EXCERPTED DATA -
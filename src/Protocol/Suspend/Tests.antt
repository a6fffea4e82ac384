-- ===== src/Protocol/Suspend/Tests.antt =====
-- The suspend loop at the open door, on a machine whose floats are natural numbers.
use g_carvin.Base.{ℕ, ◌+◌, refl, true, false, [], ◌∷◌, ltb, leb, inl}
use g_carvin.Examples.{idle_machine}
use g_carvin.System.{safety_door, Machine, suspend_disable}
use g_carvin.System.Flags.{no_exec, no_accessory}
use g_carvin.Gcode.Real.{Vec}
use g_carvin.Protocol.Suspend.{
  Pass, Suspension, Parking, retract, start_retract, protocol_exec_rt_suspend,
}
use g_carvin.Protocol.Suspend.Interlock.{IsCalm, StaysSafe, protocol_exec_rt_suspend-StaysSafe}
use g_carvin.Protocol.Suspend.Stops.{can_park, IsRetractedOrParks, retract-IsRetractedOrParks}

abbrev parking : Parking ℕ
parking = record {
  nought = 0;
  target = 50;
  rate = 800;
  pullout_rate = 200;
  pullout_increment = 3;
  add = λ v w. v + w;
  less = ltb;
  less_or_equal = leb;
  homing_enable = true;
  laser_mode = false;
  restore_spindle = 16;
  restore_coolant = true;
  restore_spindle_speed = 9000;
  spindle_delay = 60;
  coolant_delay = 20;
  planned = λ target plan. true;
  prep_control = λ m. m.step_control;
  times_out = λ m. false;
}

abbrev place : Vec ℕ
place = record { x = 1; y = 2; z = 7 }

abbrev at_door : Machine
at_door = record idle_machine {
  state = safety_door;
  suspend = record suspend_disable { door_ajar = true; hold_complete = true };
  modal_spindle = true;
}

-- A cycle start and a coolant toggle arrive, and the parking motion ends.
abbrev pass : Pass ℕ
pass = record {
  before = λ m. record m {
    exec_state = record no_exec { cycle_start = true; cycle_stop = true };
    exec_alarm = 0;
    accessory_override = record no_accessory { flood_toggle = true };
  };
  position = place;
  door_pin = true;
  arrivals = [];
}

pass-IsCalm : IsCalm pass
pass-IsCalm = record {
  same = λ m. record { state = refl; suspend = refl };
  dry = λ m d. record { dry = d.dry };
  quiet = λ m. refl;
  ajar = refl;
}

protocol_exec_rt_suspend-StaysSafe_example : StaysSafe (at_door.flood_pin) (
    protocol_exec_rt_suspend parking place true
      ((pass ∷ pass ∷ pass ∷ []) ∷ (pass ∷ []) ∷ [])
      at_door)
protocol_exec_rt_suspend-StaysSafe_example =
    protocol_exec_rt_suspend-StaysSafe parking place ((pass ∷ pass ∷ pass ∷ []) ∷ (pass ∷ []) ∷ [])
      at_door ((pass-IsCalm, (pass-IsCalm, (pass-IsCalm, tt))), ((pass-IsCalm, tt), tt))
      (record { parked = record { ajar = refl; stopped = inl refl }; resting = refl })

abbrev waiting_there : Suspension ℕ
waiting_there = record {
  machine = at_door;
  events = [];
  parking_target = place;
  restore_target = place;
  retract_waypoint = 3;
  plan = record { feed_rate = 0; spindle_speed = 0; spindle = 0; coolant = false };
  position = place;
  door_pin = true;
  passes = pass ∷ pass ∷ [];
}

retract-IsRetractedOrParks_example :
    IsRetractedOrParks parking
      (can_park parking (start_retract parking waiting_there))
      (retract parking waiting_there)
retract-IsRetractedOrParks_example = retract-IsRetractedOrParks parking waiting_there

PROBLEM TO SOLVE - An exact copy of the lines above, from the one containing "parking = record" through the one containing "abbrev place : Vec ℕ", is the whole of the answer.

TASK RESPONSE -
parking = record {
  nought = 0;
  target = 50;
  rate = 800;
  pullout_rate = 200;
  pullout_increment = 3;
  add = λ v w. v + w;
  less = ltb;
  less_or_equal = leb;
  homing_enable = true;
  laser_mode = false;
  restore_spindle = 16;
  restore_coolant = true;
  restore_spindle_speed = 9000;
  spindle_delay = 60;
  coolant_delay = 20;
  planned = λ target plan. true;
  prep_control = λ m. m.step_control;
  times_out = λ m. false;
}

abbrev place : Vec ℕ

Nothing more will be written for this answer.